Die Einigung der Bundesregierung, der Landwirtschaft mit einer weiteren Milliarde an Steuergeldern beim anstehenden Transformationsprozess unter die Arme greifen zu wollen, ist nach Ansicht des Bundesverbands Deutscher Milchviehhalter BDM e.V. ein Hohn für die Landwirte, die sich seit Jahren dafür einsetzen, dass man mit politischem Handeln die Ursachen der katastrophalen wirtschaftlichen Situation der Bäuerinnen und Bauern angeht statt mit immer neuen Finanzspritzen hilflos an den Folgen herum zu kurieren.
„Bauernmilliarde“ kein Ausdruck der Wertschätzung der Bauern
„Wir Milchbauern erleben das seit Jahren quasi in der Dauerschleife: Wir haben eine Krise, fordern politisches Handeln und kriegen öffentlichkeitswirksam Geld. Geld, das noch dazu nicht einmal ansatzweise ausreicht, um die Probleme wirklich zu lösen. Geld, das man uns bei jeder Diskussion als vermeintliche Hilfe unter die Nase reibt. Geld, das nicht die dringend nötige Wirkung haben wird und uns mundtot machen soll “, kritisiert BDM-Vorsitzender Stefan Mann vehement.

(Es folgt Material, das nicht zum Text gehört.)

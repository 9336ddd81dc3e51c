-- ===== src/Client/Paging.antt =====
-- Pages of a chat in ascending order, and what is yielded of a page under a limit.
use tobs.Prelude.{
  ℕ, zero, suc, ◌+◌, ◌-◌, ◌<◌, ◌≡◌, refl, sym, subst, ◌∙◌, ap, Option, none, some, Bool, true,
  false, not, List, [], ◌∷◌, ◌++◌, length, take, drop, keep, All, All-keep, ltb, ◌&&◌, arith, inl,
  inr, Bool-cases,
}
use tobs.Client.{Client, is_reached, yield_batch, last_id}

-- What is left of a limit
abbrev pub quota : Option ℕ → ℕ → Option ℕ
quota none total = none
quota (some limit) total = some (limit - total)

module _ {M : Type 0} where
  abbrev pub limited : Option ℕ → List M → List M
  limited none ms = ms
  limited (some n) ms = take n ms

  take-append :
      (n : ℕ) (xs ys : List M) → take n (xs ++ ys) ≡ take n xs ++ take (n - length (take n xs)) ys
  take-append zero xs ys = refl
  take-append (suc n) [] ys = let same : suc n ≡ suc n - 0 = omega arith in ap (λ k. take k ys) same
  take-append (suc n) (x ∷ xs) ys =
      ap (λ l. x ∷ l)
        (let same : n - length (take n xs) ≡ suc n - suc (length (take n xs)) = omega arith in
          take-append n xs ys ∙ ap (λ k. take n xs ++ take k ys) same)

  pub limited-append :
      (limit : Option ℕ) (total : ℕ) (xs ys : List M)
      → let first = limited (quota limit total) xs in
        limited (quota limit total) (xs ++ ys)
        ≡ first ++ limited (quota limit (total + length first)) ys
  limited-append none total xs ys = refl
  limited-append (some limit) total xs ys =
      let used = length (take (limit - total) xs) in
      let same : limit - total - used ≡ limit - (total + used) = omega arith in
      take-append (limit - total) xs ys ∙ ap (λ k. take (limit - total) xs ++ take k ys) same

  pub limited_none_left :
      (limit : Option ℕ) (total : ℕ) (ms : List M)
      → is_reached limit total ≡ true
      → limited (quota limit total) ms ≡ []
  limited_none_left none total ms h = cc
  limited_none_left (some limit) total ms h =
      let zero_left : limit - total ≡ 0 = ground arith in ap (λ k. take k ms) zero_left

module _ {M : Type 0} (c : Client M) where
  -- The messages that are yielded of a page
  abbrev pub wanted : List M → List M
  wanted ms = keep (λ m. not (c.has_action m)) ms

  pub yield_batch-limited :
      (limit : Option ℕ) (batch : List M) (total : ℕ)
      → is_reached limit total ≡ false
      → let (messages, total') = yield_batch c limit batch total in
        (messages ≡ limited (quota limit total) (wanted batch)) × (total' ≡ total + length messages)
  unfolding yield_batch
  yield_batch-limited none [] total h = (refl, omega arith)
  yield_batch-limited (some limit) [] total h = (sym (take_nil (limit - total)), omega arith)
    where
      take_nil : (n : ℕ) → take {A = M} n [] ≡ []
      take_nil zero = refl
      take_nil (suc n) = refl
  yield_batch-limited limit (m ∷ ms) total h = elim (Bool-cases (c.has_action m)) [
    | inl action ↦ rw action (yield_batch-limited limit ms total h)
    | inr message ↦ elim (Bool-cases (is_reached limit (total + 1))) [
      | inl last ↦ rw (message, last) (sym (one_left limit last h), omega arith)
      | inr more ↦
          let (rest, count) = yield_batch-limited limit ms (total + 1) more in
          rw (message, more)
            (ap (λ l. m ∷ l) rest ∙ sym (more_left limit h more), omega (arith, count))
    ]
  ]
    where
      one_left :
          (lim : Option ℕ)
          → is_reached lim (total + 1) ≡ true
          → is_reached lim total ≡ false
          → limited (quota lim total) (m ∷ wanted ms) ≡ m ∷ []
      one_left none a b = cc
      one_left (some n) a b =
          let one : n - total ≡ 1 = ground arith in ap (λ k. take k (m ∷ wanted ms)) one

      more_left :
          (lim : Option ℕ)
          → is_reached lim total ≡ false
          → is_reached lim (total + 1) ≡ false
          → limited (quota lim total) (m ∷ wanted ms)
            ≡ m ∷ limited (quota lim (total + 1)) (wanted ms)
      more_left none a b = refl
      more_left (some n) a b =
          let more : n - total ≡ suc (n - (total + 1)) = ground arith in
          ap (λ k. take k (m ∷ wanted ms)) more

  abbrev pub Ascending : List M → Type 0
  Ascending [] = Unit
  Ascending (m ∷ ms) = All (λ n. c.id m < c.id n) ms × Ascending ms

  -- The messages of the client for an offset and a least id
  abbrev pub after : ℕ → ℕ → M → Bool
  after offset_id min_id m = ltb offset_id (c.id m) && ltb min_id (c.id m)

  last_id-above :
      (k : ℕ) (m : M) (ms rest : List M)
      → All (λ n. k < c.id n) (m ∷ ms ++ rest)
      → k < last_id c m ms
  last_id-above k m [] rest h = h.0
  last_id-above k m (n ∷ ms) rest h = last_id-above k n ms rest h.1

  keep-above : (off min : ℕ) (ms : List M) → All (λ n. off < c.id n) (keep (after off min) ms)
  keep-above off min [] = tt
  keep-above off min (m ∷ ms) = elim (Bool-cases (after off min m)) [
    | inl e ↦ let above : off < c.id m = ground arith in rw e (above, keep-above off min ms)
    | inr e ↦ rw e (keep-above off min ms)
  ]

  keep_same :
      (off bound min : ℕ) (ms : List M)
      → off < bound
      → min < bound
      → All (λ n. bound < c.id n) ms
      → keep (after bound min) ms ≡ keep (after off min) ms
  keep_same off bound min [] h k above = refl
  keep_same off bound min (m ∷ ms) h k above =
      let first : after bound min m ≡ true = let far = above.0 in ground arith in
      let second : after off min m ≡ true = let far = above.0 in ground arith in
      rw (first, second) (ap (λ l. m ∷ l) (keep_same off bound min ms h k above.1))

  -- The messages after the last one of a page are those after the page.
  pub keep_next :
      (off min : ℕ) (chat : List M) (m : M) (ms rest : List M)
      → Ascending chat
      → keep (after off min) chat ≡ m ∷ ms ++ rest
      → keep (after (last_id c m ms) min) chat ≡ rest
  keep_next off min [] m ms rest asc e = absurd (omega (arith, ap length e))
  keep_next off min (d ∷ chat) m ms rest asc e = elim (Bool-cases (after off min d)) [
    | inr before ↦
        let e' = rw before at e in
        let above =
          last_id-above off m ms rest
            (subst (All (λ n. off < c.id n)) e' (keep-above off min chat)) in
        let still : after (last_id c m ms) min d ≡ false = ground arith in
        rw still (keep_next off min chat m ms rest asc.1 e')
    | inl first ↦
        let e' = rw first at e in
        let same : c.id d ≡ c.id m = ap (λ l. elim l [ [] ↦ c.id d | x ∷ xs ↦ c.id x ]) e' in
        taken (λ n ns. keep_next off min chat n ns rest asc.1) first same ms (ap (drop 1) e')
  ]
    where
      taken :
          ((n : M) (ns : List M)
            → keep (after off min) chat ≡ n ∷ ns ++ rest
            → keep (after (last_id c n ns) min) chat ≡ rest)
          → after off min d ≡ true
          → c.id d ≡ c.id m
          → (ns : List M) → keep (after off min) chat ≡ ns ++ rest
          → keep (after (last_id c m ns) min) (d ∷ chat) ≡ rest
      taken rec first same [] tail =
          let passed : after (c.id m) min d ≡ false = ground arith in
          let off_below : off < c.id m = ground arith in
          let min_below : min < c.id m = ground arith in
          let above = subst (λ k. All (λ n. k < c.id n) chat) same asc.0 in
          rw passed (keep_same off (c.id m) min chat off_below min_below above ∙ tail)
      taken rec first same (n ∷ ns) tail =
          let above = last_id-above (c.id d) n ns rest (
            subst (All (λ x. c.id d < c.id x)) tail
              (All-keep (λ x. c.id d < c.id x) (after off min) chat asc.0)) in
          let passed : after (last_id c n ns) min d ≡ false = ground arith in
          rw passed (rec n ns tail)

„Es steht außer Frage, dass es staatliche Anschubfinanzierung braucht, wenn an die Landwirte zukünftig noch mehr Anforderungen in Richtung Umwelt-, Natur-, Klimaschutz und Tierwohl gestellt werden. Die staatliche Unterstützung darf sich aber nicht auf Geldverteilen beschränken. Die wirtschaftliche Situation auf den Betrieben ist so verfahren, dass sie tatsächlich Geld benötigen werden, um den so genannten Transformationsprozess überhaupt zu überleben. Dieses Geld aber muss mittel- und langfristig über den Markt erwirtschaftet werden können und hierfür braucht es entsprechende politische Rahmenbedingungen. Wenn wir eine zukunftsfähige Landwirtschaft mit vielfältigen Strukturen erreichen wollen, führt daran kein Weg vorbei“, betont Stefan Mann. „Wer eine Milliarde Euro – verteilt auf vier Jahre – als Unterstützung und Wertschätzung der Landwirte verstehen will, verkennt oder verniedlicht die wirtschaftliche und soziale Dimension der Probleme auf den Betrieben!“
Allein den Milchviehhaltern sind nur durch die letzte große Milchmarktkrise in Deutschland Einkommensverluste von 6 Milliarden Euro entstanden. Die weiterhin bestehende Kostenunterdeckung von rund 10 Cent je Kilogramm Milch, sowohl im konventionellen wie auch im Bio-Bereich, entstehen weitere 3 Milliarden Euro Einkommensverlust pro Jahr. Ursache dieser Krisen und der aktuellen Marktmisere ist eine Agrarmarktpolitik, die auf eine kontinuierliche Intensivierung und niedrigste Preise für die gesamte Landwirtschaft ausgerichtet ist, um die Ernährungsindustrie mit günstigen Rohstoffen international wettbewerbsfähig zu machen.
„Mit diesen Milliarden Verlusten hätte man viele Maßnahmen für Umwelt, Klima, Artenschutz und Tierwohl angehen können“, stellt Mann fest. „Geld, das den Bäuerinnen und Bauern für die Zukunft unwiederbringlich fehlt und die Exportstrategien der Ernährungsindustrie unterstützt hat.“
Eine Milliarde Euro, verteilt auf vier Jahre, für alle Sektoren der Landwirtschaft, ist vor diesem Hintergrund nach Ansicht des BDM kein Ausdruck der Wertschätzung für die Bauern. Wertschätzung bedeutet, die Probleme ernst zu nehmen und ernsthaft anzugehen. Das bedeutet, die angekündigte Milliarde Euro mit einem klaren Bekenntnis zu begleiten, dass man eine Neuausrichtung der Agrarmarktpolitik auf die Interessen der Bäuerinnen und Bauern, der Gesellschaft sowie der Belange von Umwelt, Natur- und Klimaschutz endlich in Angriff nimmt. Außerdem braucht es eine Verbesserung der Marktstellung der Landwirte, damit diese in der Lage sind, steigende Kosten über den Markt zu decken statt auf staatliche Hilfsgelder hoffen zu müssen.
Staatliche Gelder können nur Anreize setzen, niemals aber die fehlende Wirtschaftlichkeit der Betriebe ausgleichen. Dafür aber braucht es geeignete Marktrahmenbedingungen, die politisch gestaltet werden müssen.
„Agrarpolitik ist viel mehr als Geldverteilen, das sollte auch dem Letzten endlich bewusst werden“, fordert BDM-Vorsitzender Stefan Mann.